Task:
Range to output from the entries below: the line containing "let follow_up = if" through the line containing "else if r.remaining_tasks == 0". Set it down exactly, ends included, nothing else.

%%

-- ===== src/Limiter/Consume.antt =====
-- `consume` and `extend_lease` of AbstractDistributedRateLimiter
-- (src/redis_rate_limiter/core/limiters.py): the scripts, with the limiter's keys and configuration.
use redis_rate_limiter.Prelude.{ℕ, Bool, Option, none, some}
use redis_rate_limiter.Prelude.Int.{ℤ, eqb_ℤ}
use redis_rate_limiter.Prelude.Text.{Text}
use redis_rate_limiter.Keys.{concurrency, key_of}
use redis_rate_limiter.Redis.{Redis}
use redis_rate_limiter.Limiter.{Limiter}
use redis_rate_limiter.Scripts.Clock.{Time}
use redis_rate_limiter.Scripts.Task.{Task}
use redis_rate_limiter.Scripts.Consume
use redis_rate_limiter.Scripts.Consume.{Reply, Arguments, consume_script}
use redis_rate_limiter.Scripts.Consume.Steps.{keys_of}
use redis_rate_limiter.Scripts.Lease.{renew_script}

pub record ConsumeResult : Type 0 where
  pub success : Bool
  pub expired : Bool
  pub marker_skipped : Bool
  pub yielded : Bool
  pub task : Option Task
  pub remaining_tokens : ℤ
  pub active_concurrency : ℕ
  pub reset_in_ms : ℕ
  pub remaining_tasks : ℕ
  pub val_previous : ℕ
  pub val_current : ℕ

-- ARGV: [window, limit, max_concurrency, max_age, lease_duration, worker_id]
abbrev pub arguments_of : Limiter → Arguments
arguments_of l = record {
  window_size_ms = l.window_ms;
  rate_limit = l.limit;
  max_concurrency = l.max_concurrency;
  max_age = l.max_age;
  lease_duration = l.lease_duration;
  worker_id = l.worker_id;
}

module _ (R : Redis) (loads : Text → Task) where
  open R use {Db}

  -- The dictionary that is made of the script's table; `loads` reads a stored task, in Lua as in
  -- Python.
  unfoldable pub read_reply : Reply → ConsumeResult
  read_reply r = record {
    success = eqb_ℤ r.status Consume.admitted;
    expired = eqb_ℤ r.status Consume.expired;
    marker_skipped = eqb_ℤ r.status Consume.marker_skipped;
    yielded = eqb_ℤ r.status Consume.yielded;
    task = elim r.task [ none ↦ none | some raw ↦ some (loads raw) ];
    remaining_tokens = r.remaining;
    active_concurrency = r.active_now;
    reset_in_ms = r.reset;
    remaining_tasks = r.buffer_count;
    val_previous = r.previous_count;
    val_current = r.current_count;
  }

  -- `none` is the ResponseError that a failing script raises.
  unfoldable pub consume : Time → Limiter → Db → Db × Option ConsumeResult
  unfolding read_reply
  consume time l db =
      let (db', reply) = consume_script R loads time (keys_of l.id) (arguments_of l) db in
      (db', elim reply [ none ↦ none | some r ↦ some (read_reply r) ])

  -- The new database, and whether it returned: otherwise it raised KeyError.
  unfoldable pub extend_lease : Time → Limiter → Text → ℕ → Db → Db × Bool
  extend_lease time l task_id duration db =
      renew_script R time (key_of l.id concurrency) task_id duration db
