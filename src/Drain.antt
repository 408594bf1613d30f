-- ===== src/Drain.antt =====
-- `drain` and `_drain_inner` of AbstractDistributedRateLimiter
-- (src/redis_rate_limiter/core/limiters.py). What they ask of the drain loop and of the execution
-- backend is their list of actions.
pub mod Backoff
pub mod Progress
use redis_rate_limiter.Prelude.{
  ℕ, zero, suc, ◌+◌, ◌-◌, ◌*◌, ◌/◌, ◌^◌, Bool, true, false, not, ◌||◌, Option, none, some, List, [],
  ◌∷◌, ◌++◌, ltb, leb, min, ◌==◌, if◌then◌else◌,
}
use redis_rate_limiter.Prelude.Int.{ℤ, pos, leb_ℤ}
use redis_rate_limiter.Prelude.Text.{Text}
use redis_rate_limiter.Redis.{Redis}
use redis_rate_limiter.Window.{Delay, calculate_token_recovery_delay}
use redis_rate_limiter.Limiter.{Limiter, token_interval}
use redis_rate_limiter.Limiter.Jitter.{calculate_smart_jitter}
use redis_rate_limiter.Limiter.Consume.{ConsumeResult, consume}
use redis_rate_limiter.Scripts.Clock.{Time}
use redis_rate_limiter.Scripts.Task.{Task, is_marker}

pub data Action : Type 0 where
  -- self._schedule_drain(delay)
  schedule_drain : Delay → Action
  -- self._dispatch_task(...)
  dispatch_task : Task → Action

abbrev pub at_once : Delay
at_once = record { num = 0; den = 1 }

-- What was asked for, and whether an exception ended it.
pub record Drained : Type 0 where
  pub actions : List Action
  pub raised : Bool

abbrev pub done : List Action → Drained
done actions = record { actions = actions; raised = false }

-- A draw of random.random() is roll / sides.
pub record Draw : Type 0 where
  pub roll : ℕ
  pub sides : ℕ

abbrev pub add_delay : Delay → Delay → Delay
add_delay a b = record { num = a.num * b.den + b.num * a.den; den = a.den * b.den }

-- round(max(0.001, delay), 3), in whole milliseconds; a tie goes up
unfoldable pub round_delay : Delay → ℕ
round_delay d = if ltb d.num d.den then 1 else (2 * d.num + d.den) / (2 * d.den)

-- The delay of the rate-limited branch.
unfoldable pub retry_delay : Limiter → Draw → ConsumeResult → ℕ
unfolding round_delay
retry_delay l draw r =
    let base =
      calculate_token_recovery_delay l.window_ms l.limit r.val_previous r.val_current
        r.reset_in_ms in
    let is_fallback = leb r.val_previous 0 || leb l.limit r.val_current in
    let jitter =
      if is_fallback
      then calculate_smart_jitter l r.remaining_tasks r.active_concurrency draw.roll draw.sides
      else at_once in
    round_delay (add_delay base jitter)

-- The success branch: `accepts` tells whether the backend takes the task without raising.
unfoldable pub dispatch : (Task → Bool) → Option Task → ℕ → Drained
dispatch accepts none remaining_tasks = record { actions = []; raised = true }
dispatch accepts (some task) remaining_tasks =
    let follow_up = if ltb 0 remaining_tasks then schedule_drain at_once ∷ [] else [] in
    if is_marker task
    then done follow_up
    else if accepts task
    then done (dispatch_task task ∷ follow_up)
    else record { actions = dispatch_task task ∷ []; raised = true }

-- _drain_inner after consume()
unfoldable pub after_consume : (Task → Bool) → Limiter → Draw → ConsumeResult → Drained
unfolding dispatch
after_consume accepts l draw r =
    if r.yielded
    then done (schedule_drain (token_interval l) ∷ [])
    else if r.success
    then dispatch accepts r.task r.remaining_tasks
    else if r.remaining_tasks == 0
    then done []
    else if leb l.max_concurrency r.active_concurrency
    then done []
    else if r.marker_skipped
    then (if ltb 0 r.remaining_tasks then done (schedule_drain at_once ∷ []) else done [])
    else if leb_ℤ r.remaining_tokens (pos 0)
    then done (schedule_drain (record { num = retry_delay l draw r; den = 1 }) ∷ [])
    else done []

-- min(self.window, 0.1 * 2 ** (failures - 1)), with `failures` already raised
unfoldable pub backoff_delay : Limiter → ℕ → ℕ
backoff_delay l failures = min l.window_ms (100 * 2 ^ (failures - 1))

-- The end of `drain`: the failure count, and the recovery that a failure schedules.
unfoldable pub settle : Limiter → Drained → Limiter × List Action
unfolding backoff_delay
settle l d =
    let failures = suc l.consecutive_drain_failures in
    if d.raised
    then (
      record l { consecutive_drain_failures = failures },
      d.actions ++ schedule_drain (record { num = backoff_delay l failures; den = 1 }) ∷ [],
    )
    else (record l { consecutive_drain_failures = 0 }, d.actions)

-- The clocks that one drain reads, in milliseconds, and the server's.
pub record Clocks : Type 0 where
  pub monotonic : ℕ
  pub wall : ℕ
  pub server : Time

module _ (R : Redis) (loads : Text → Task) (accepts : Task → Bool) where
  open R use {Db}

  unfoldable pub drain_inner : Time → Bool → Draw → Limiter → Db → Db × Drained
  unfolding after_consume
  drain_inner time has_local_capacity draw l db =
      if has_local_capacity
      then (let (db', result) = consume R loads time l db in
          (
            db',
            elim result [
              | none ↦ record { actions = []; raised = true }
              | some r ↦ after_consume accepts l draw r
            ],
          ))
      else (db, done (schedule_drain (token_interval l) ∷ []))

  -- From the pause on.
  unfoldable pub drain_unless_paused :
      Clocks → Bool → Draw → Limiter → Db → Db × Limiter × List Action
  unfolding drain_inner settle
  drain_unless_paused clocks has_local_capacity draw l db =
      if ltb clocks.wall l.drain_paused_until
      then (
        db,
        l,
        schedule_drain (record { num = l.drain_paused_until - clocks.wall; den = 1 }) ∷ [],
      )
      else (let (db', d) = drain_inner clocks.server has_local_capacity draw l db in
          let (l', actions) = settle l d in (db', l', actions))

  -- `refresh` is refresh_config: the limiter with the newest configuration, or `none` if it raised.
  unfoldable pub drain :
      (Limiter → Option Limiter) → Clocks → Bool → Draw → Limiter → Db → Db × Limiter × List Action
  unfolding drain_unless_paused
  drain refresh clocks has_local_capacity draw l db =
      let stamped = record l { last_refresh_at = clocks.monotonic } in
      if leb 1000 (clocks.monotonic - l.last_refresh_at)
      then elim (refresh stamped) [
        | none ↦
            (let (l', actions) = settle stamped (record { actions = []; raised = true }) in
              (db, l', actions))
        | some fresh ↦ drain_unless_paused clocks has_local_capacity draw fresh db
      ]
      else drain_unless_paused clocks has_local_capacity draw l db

%%

Solution to this task:
    let follow_up = if ltb 0 remaining_tasks then schedule_drain at_once ∷ [] else [] in
    if is_marker task
    then done follow_up
    else if accepts task
    then done (dispatch_task task ∷ follow_up)
    else record { actions = dispatch_task task ∷ []; raised = true }

-- _drain_inner after consume()
unfoldable pub after_consume : (Task → Bool) → Limiter → Draw → ConsumeResult → Drained
unfolding dispatch
after_consume accepts l draw r =
    if r.yielded
    then done (schedule_drain (token_interval l) ∷ [])
    else if r.success
    then dispatch accepts r.task r.remaining_tasks
    else if r.remaining_tasks == 0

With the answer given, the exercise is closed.